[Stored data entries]

--------------------------------------------------

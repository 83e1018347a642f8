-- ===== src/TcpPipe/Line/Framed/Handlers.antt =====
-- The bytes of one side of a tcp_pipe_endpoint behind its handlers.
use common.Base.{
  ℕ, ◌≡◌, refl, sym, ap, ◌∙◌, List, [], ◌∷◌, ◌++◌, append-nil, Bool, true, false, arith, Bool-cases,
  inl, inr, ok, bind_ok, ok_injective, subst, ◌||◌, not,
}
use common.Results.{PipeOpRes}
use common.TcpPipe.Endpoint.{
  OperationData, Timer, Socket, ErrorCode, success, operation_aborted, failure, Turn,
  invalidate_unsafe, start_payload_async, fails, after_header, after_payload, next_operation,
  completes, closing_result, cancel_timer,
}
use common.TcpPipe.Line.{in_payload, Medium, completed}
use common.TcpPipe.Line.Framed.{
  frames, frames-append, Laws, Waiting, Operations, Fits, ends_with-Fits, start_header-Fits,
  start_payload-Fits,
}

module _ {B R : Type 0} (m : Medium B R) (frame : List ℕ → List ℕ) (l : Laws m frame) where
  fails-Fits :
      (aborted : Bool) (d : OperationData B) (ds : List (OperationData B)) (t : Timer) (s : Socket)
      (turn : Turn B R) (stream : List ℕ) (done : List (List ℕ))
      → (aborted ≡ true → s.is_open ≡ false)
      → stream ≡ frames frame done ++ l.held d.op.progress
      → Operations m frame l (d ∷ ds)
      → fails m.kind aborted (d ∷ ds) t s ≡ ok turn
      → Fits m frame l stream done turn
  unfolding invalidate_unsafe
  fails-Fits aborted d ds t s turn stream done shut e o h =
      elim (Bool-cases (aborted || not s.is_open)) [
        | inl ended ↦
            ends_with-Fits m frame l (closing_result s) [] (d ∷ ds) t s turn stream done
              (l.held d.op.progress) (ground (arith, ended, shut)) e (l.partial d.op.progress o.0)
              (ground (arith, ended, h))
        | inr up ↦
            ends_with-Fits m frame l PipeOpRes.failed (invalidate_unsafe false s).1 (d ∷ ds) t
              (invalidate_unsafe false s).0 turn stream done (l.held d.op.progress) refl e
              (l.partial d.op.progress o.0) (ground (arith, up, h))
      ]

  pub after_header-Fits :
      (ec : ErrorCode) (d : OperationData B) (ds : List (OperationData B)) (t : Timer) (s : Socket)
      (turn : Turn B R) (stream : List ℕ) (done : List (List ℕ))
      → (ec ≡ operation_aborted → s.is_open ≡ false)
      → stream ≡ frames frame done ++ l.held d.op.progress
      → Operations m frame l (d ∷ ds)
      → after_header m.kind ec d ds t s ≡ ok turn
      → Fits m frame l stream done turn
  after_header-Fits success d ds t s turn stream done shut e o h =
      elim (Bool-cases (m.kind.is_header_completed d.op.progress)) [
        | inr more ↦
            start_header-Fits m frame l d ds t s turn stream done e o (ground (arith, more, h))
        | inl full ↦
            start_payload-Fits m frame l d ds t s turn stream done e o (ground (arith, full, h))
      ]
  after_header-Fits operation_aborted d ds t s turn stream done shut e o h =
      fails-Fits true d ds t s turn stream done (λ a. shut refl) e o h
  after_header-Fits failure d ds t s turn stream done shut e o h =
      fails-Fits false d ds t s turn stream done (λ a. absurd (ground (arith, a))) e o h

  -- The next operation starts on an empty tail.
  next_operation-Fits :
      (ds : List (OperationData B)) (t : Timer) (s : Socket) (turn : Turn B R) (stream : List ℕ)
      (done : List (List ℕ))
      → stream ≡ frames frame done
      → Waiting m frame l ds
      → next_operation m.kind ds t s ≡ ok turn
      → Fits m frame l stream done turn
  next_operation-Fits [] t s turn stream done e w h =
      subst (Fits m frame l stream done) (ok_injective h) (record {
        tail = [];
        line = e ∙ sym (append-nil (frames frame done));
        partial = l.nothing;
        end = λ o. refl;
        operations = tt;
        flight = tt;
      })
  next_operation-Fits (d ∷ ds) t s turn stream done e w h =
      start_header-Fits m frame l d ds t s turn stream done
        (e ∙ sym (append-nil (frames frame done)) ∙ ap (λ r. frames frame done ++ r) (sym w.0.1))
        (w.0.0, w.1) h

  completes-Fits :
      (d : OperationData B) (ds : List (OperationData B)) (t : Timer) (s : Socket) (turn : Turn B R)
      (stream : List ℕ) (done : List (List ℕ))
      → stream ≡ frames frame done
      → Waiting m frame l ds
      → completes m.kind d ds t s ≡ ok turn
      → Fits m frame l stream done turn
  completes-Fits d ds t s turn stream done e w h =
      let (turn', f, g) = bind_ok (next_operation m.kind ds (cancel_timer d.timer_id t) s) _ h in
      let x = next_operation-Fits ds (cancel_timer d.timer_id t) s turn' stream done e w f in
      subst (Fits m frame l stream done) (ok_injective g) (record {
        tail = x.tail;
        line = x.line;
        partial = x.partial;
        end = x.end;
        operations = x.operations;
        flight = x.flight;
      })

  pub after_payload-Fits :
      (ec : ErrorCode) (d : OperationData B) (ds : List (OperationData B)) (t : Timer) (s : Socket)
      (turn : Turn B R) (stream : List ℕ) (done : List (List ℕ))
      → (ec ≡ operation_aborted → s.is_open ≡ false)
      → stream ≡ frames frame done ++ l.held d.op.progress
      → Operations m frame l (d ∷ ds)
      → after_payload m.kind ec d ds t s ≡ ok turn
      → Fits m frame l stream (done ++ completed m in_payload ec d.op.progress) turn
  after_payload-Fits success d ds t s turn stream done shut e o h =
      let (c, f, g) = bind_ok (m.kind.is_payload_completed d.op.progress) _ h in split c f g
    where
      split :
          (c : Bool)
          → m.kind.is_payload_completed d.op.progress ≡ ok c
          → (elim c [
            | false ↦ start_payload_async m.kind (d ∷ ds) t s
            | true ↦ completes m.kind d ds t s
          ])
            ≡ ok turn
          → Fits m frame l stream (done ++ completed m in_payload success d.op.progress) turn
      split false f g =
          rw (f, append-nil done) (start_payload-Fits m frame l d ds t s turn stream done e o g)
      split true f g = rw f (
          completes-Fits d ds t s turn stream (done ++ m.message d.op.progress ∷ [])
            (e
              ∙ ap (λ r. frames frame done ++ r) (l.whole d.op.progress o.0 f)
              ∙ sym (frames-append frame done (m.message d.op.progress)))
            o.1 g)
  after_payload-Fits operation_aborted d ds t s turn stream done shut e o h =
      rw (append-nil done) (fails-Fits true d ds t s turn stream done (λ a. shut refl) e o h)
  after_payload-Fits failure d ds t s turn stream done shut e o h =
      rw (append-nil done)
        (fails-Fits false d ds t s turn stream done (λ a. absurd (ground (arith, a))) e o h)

--------------------------------------------------

• _ABOUT THIS EXERCISE_:
Search term "record": return each line of the data that contains it.

• _EXERCISE OUTPUT_:
      subst (Fits m frame l stream done) (ok_injective h) (record {
      subst (Fits m frame l stream done) (ok_injective g) (record {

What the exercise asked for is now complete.